My wife of 9 years encouraged us to move to a different country for a different life. I was first to move and she followed six months later with the kids. I discovered that she had been exchanging sexy text messages with a former colleague of hers at work and even sent him a sexy picture of her(he keeps sending her messages about how her thighs and breasts looked good in this picture). I confronted her and she said it was nothing but an innocent flirt and that she was sorry about it and regretted that it had a negative impact on our relationship. After that I didn't trust her and kept monitoring her phone, which she put a password on and now holds more closely on her. I installed a mobile app on her phone. I found that she still kept the sexy talk with this former work-mate. I also found that she's also exchanging these flirty messages with her ex-boyfriend...even sending each other pornographic pictures and videos.

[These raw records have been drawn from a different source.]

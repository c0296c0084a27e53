-- ===== src/Pipe/Calls.antt =====
-- pipewrite and piperead as operations on the queue that the ring holds.
use boss_os.Base.{
  Bool, Bool-cases, List, [], arith, false, if◌then◌else◌, inl, inr, length, min, refl, true, ℕ,
  ◌&&◌, ◌++◌, ◌==◌, ◌∷◌, ◌≡◌,
}
use boss_os.Pipe.{Chan, Got, Outcome, Pipe, copy_out, is_empty, piperead, pipewrite}
use boss_os.Pipe.Ring.{
  IsRing, SameEnds, WriteSpec, contents, copy_out-CopySpec, used, write_from-WriteSpec,
}

-- pipewrite keeps the ring well formed and its ends as they are, appends to the queue exactly the
-- leading bytes of `addr` that fit in what is left of the 512, and ends: with `n` if all fit, else
-- with -1 if the read end is closed or the process was killed, else asleep on `nwrite` with
-- exactly the bytes that did not fit left to write.
pub pipewrite-WriteSpec :
    (killed : Bool) (p : Pipe) (addr : List ℕ)
    → IsRing p
    → WriteSpec killed p 0 addr (pipewrite killed p addr)
unfolding pipewrite
pipewrite-WriteSpec killed p addr v = write_from-WriteSpec killed p 0 addr v

abbrev pub read_end : (killed writeopen : Bool) → (n used : ℕ) → Outcome
read_end killed writeopen n k =
    if (k == 0) && writeopen
    then (if killed then Outcome.failed else Outcome.asleep Chan.on_nread [])
    else Outcome.done (min n k)

pub record ReadSpec (killed : Bool) (p : Pipe) (n : ℕ) (g : Got) : Type 0 where
  pub ring : IsRing g.pipe
  pub ends : SameEnds g.pipe p
  pub queue : contents p ≡ g.bytes ++ contents g.pipe
  pub count : length g.bytes ≡ min n (used p)
  pub outcome : g.end ≡ read_end killed p.writeopen n (used p)

is_empty-used : (p : Pipe) → IsRing p → is_empty p ≡ (used p == 0)
unfolding is_empty
is_empty-used p v = ground arith

piperead-runs :
    (killed : Bool) (p : Pipe) (n : ℕ)
    → (is_empty p && p.writeopen) ≡ false
    → let (cs, p') = copy_out n p in
      piperead killed p n ≡ record {
        end = Outcome.done (length cs);
        bytes = cs;
        woken = Chan.on_nwrite ∷ [];
        pipe = p';
      }
unfolding piperead
piperead-runs killed p n go = rw go

piperead-waits :
    (killed : Bool) (p : Pipe) (n : ℕ)
    → IsRing p
    → (is_empty p && p.writeopen) ≡ true
    → ReadSpec killed p n (piperead killed p n)
unfolding piperead
piperead-waits true p n v wait =
    let none_used : used p ≡ 0 = ground (arith, is_empty-used p v) in
    let open_ : p.writeopen ≡ true = ground arith in
    rw wait (record {
      ring = v;
      ends = (refl, refl);
      queue = refl;
      count = rw none_used (omega arith);
      outcome = rw (none_used, open_) refl;
    })
piperead-waits false p n v wait =
    let none_used : used p ≡ 0 = ground (arith, is_empty-used p v) in
    let open_ : p.writeopen ≡ true = ground arith in
    rw wait (record {
      ring = v;
      ends = (refl, refl);
      queue = refl;
      count = rw none_used (omega arith);
      outcome = rw (none_used, open_) refl;
    })

-- piperead keeps the ring well formed and its ends as they are, takes min(n, queue length) bytes
-- off the front of the queue in order, and ends: on an empty queue with the write end open with
-- -1 if the process was killed and asleep on `nread` if not, and else with the number of bytes
-- taken.
pub piperead-ReadSpec :
    (killed : Bool) (p : Pipe) (n : ℕ) → IsRing p → ReadSpec killed p n (piperead killed p n)
piperead-ReadSpec killed p n v = elim (Bool-cases (is_empty p && p.writeopen)) [
  | inl wait ↦ piperead-waits killed p n v wait
  | inr go ↦
      let r = copy_out-CopySpec n p v in
      rw (piperead-runs killed p n go) (record {
        ring = r.ring;
        ends = r.ends;
        queue = r.queue;
        count = r.count;
        outcome = rw (r.count, ← is_empty-used p v, go) refl;
      })
]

I used to hold her in so much trust but now I don't. We still stay together and do all the things couples do but this is eating me so much. I feel like I can't tell her and I'm not sure what happened the period we were separate from each other.


----------



## GusPolinski (Jan 21, 2014)

canapetrois said:


> My wife of 9 years encouraged us to move to a different country for a different life. I was first to move and she followed six months later with the kids. I discovered that she had been exchanging sexy text messages with a former colleague of hers at work and even sent him a sexy picture of her(he keeps sending her messages about how her thighs and breasts looked good in this picture). I confronted her and she said it was nothing but an innocent flirt and that she was sorry about it and regretted that it had a negative impact on our relationship. After that I didn't trust her and kept monitoring her phone, which she put a password on and now holds more closely on her. I installed a mobile app on her phone. I found that she still kept the sexy talk with this former work-mate. I also found that she's also exchanging these flirty messages with her ex-boyfriend...even sending each other pornographic pictures and videos. I used to hold her in so much trust but now I don't. We still stay together and do all the things couples do but this is eating me so much. I feel like I can't tell her and I'm not sure what happened the period we were separate from each other.

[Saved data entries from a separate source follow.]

-- ===== src/Pipe/Stream.antt =====
-- A pipe shared by writers and readers that run in any order: it is a byte stream.
use boss_os.Base.{
  Bool, List, [], ap, append_assoc, arith, false, length, refl, sym, take, true, ℕ, ◌++◌, ◌-◌, ◌∙◌,
  ◌≡◌, ◌≤◌,
}
use boss_os.Pipe.{Pipe, fresh_pipe, pipe_size, pipeclose, piperead, write_from}
use boss_os.Pipe.Ring.{IsRing, contents, length-contents, used, write_from-WriteSpec}
use boss_os.Pipe.Calls.{piperead-ReadSpec}

-- The pipe with all that went into it and all that came out so far.
pub record Traffic : Type 0 where
  pub pipe : Pipe
  pub sent : List ℕ
  pub received : List ℕ

-- The bytes of `cs` that a run of the write loop stores.
abbrev pub accepted : Pipe → List ℕ → List ℕ
accepted p cs = take (pipe_size - used p) cs

-- One run under the lock: a write (new, or resumed after `i` bytes), a read, or a close.
pub data Step : Traffic → Traffic → Type 0 where
  write :
      (s : Traffic) (killed : Bool) (i : ℕ) (cs : List ℕ)
      → Step s (record {
        pipe = (write_from killed s.pipe i cs).pipe;
        sent = s.sent ++ accepted s.pipe cs;
        received = s.received;
      })
  read :
      (s : Traffic) (killed : Bool) (n : ℕ)
      → Step s (record {
        pipe = (piperead killed s.pipe n).pipe;
        sent = s.sent;
        received = s.received ++ (piperead killed s.pipe n).bytes;
      })
  close :
      (s : Traffic) (writable : Bool)
      → Step s (record s { pipe = (pipeclose s.pipe writable).pipe })

pub data Reach (s : Traffic) : Traffic → Type 0 where
  here : Reach s s
  next : {t u : Traffic} → Reach s t → Step t u → Reach s u

abbrev pub fresh_traffic : List ℕ → Traffic
fresh_traffic page = record { pipe = fresh_pipe page; sent = []; received = [] }

pub record InOrder (s : Traffic) : Type 0 where
  pub ring : IsRing s.pipe
  pub stream : s.sent ≡ s.received ++ contents s.pipe

pipeclose-IsRing :
    (p : Pipe) (w : Bool)
    → IsRing p
    → IsRing (pipeclose p w).pipe × (contents (pipeclose p w).pipe ≡ contents p)
unfolding pipeclose
pipeclose-IsRing p true v = (
  record {
    storage = v.storage;
    read_word = v.read_word;
    write_word = v.write_word;
    bounded = v.bounded;
  },
  refl,
)
pipeclose-IsRing p false v = (
  record {
    storage = v.storage;
    read_word = v.read_word;
    write_word = v.write_word;
    bounded = v.bounded;
  },
  refl,
)

Step-InOrder : {s t : Traffic} → Step s t → InOrder s → InOrder t
Step-InOrder (write s killed i cs) inv =
    let w = write_from-WriteSpec killed s.pipe i cs inv.ring in
    record {
      ring = w.ring;
      stream =
          ap (λ l. l ++ accepted s.pipe cs) inv.stream
          ∙ append_assoc s.received (contents s.pipe) (accepted s.pipe cs)
          ∙ ap (λ l. s.received ++ l) (sym w.queue);
    }
Step-InOrder (read s killed n) inv =
    let r = piperead-ReadSpec killed s.pipe n inv.ring in
    record {
      ring = r.ring;
      stream =
          inv.stream
          ∙ ap (λ l. s.received ++ l) r.queue
          ∙ sym (
              append_assoc s.received (piperead killed s.pipe n).bytes
                (contents (piperead killed s.pipe n).pipe));
    }
Step-InOrder (close s w) inv =
    let (v, same) = pipeclose-IsRing s.pipe w inv.ring in
    record { ring = v; stream = inv.stream ∙ ap (λ l. s.received ++ l) (sym same) }

Reach-InOrder : {s t : Traffic} → Reach s t → InOrder s → InOrder t
Reach-InOrder here inv = inv
Reach-InOrder (next r st) inv = Step-InOrder st (Reach-InOrder r inv)

-- From a new pipe, after any sequence of write, read and close runs in any order, the bytes
-- received, followed by the at most 512 bytes still in the ring, are exactly the bytes stored, in
-- order: nothing is lost, duplicated or reordered, also when the 32-bit counters wrap.
pub Reach-in_order :
    (page : List ℕ) {s : Traffic}
    → length page ≡ pipe_size
    → Reach (fresh_traffic page) s
    → (s.sent ≡ s.received ++ contents s.pipe) × (length (contents s.pipe) ≤ pipe_size)
Reach-in_order page {s} h r =
    let inv = Reach-InOrder r (record { ring = omega arith; stream = refl }) in
    (inv.stream, rw (length-contents s.pipe) inv.ring.bounded)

Gather all the evidence that you can and back it up in two different offsite cloud-based locations i.e. Dropbox, Google Drive, SugarSync, etc. Keep a local copy on an external hard drive or USB thumb drive, but don't let her hide it.

Once you've done this, confront her and tell her what you know, but not how you know it. Tell her that, if she doesn't cut off all contact w/ this guy, and re-commit herself to you, your marriage, and your family, you're done, and that divorce will be in her immediate future.


----------



## canapetrois (Jul 1, 2014)

I have all the documentation, I installed an app on her phone and that's how I've been able to confirm all this. How do I insist on a commitment to the marriage from her without looking desperate?


----------



## warlock07 (Oct 28, 2011)

you can't.

It has to come from her. 

File for divorce.


----------



## OldWolf57 (Mar 20, 2012)

She needs a massive wakeup, so file for D and don't tell her.
After she is served, and come pleading, demand access to all and every, along with no contact.
Also tell her parents exactly what she did.

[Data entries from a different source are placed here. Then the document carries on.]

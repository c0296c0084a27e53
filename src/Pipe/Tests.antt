-- ===== src/Pipe/Tests.antt =====
-- Runs of pipe.c on a small pipe whose counters are about to wrap, and the theorems there.
use boss_os.Base.{
  List, [], arith, false, length, refl, replicate, set, true, u32_mod, ℕ, ◌++◌, ◌-◌, ◌∷◌, ◌≡◌, ◌≤◌,
}
use boss_os.Pipe.{
  Pipe, copy_out, fetch, fresh_pipe, is_empty, pipe_size, piperead, pipewrite, write_from,
}
use boss_os.Pipe.Ring.{IsRing, WriteSpec, contents}
use boss_os.Pipe.Calls.{ReadSpec, piperead-ReadSpec, pipewrite-WriteSpec}
use boss_os.Pipe.Stream.{Reach, Reach-in_order, Step, Traffic, fresh_traffic}

abbrev page : List ℕ
page = replicate 512 0

-- Two bytes, 7 and 8, the second past the wrap of `nwrite`.
abbrev wrapping : Pipe
wrapping = record {
  buf = 8 ∷ set (replicate 511 0) 510 7;
  nread = u32_mod - 1;
  nwrite = 1;
  readopen = true;
  writeopen = true;
}

wrapping-IsRing : IsRing wrapping
wrapping-IsRing = record {
  storage = refl;
  read_word = omega arith;
  write_word = omega arith;
  bounded = omega arith;
}

contents-wrapping : contents wrapping ≡ 7 ∷ 8 ∷ []
contents-wrapping = refl

read_wrapping : (piperead false wrapping 5).bytes ≡ 7 ∷ 8 ∷ []
unfolding piperead is_empty copy_out fetch
read_wrapping = refl

pipewrite-WriteSpec_example :
    WriteSpec false wrapping 0 (5 ∷ 6 ∷ []) (pipewrite false wrapping (5 ∷ 6 ∷ []))
pipewrite-WriteSpec_example = pipewrite-WriteSpec false wrapping (5 ∷ 6 ∷ []) wrapping-IsRing

piperead-ReadSpec_example : ReadSpec true wrapping 1 (piperead true wrapping 1)
piperead-ReadSpec_example = piperead-ReadSpec true wrapping 1 wrapping-IsRing

abbrev written : Traffic
written = record {
  pipe = (write_from false (fresh_pipe page) 0 (1 ∷ 2 ∷ [])).pipe;
  sent = 1 ∷ 2 ∷ [];
  received = [];
}

written-Reach : Reach (fresh_traffic page) written
written-Reach = Reach.next Reach.here (Step.write (fresh_traffic page) false 0 (1 ∷ 2 ∷ []))

Reach-in_order_example :
    (written.sent ≡ written.received ++ contents written.pipe)
    × (length (contents written.pipe) ≤ pipe_size)
Reach-in_order_example = Reach-in_order page refl written-Reach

All this will shock the heck out of her, but it will show her she don't call the shots, you do, and is willing to cut her butt loose.


----------



## GusPolinski (Jan 21, 2014)

canapetrois said:


> I have all the documentation, I installed an app on her phone and that's how I've been able to confirm all this. How do I insist on a commitment to the marriage from her without looking desperate?


Put simply, you do it w/o *being* desperate. Like this...



GusPolinski said:


> ...confront her and tell her what you know, but not how you know it. Tell her that, if she doesn't cut off all contact w/ this guy, and re-commit herself to you, your marriage, and your family, you're done, and that divorce will be in her immediate future.


You have to mean ^this when you say it, and you have to have the fortitude to back up the threat w/ action if she chooses to ignore you. It really is just as simple as that, even if it doesn't seem that way to you right now.

It would probably be best for you to find and consult an attorney now so that you're prepared to move forward w/ divorce if necessary. And, sadly, it probably will be.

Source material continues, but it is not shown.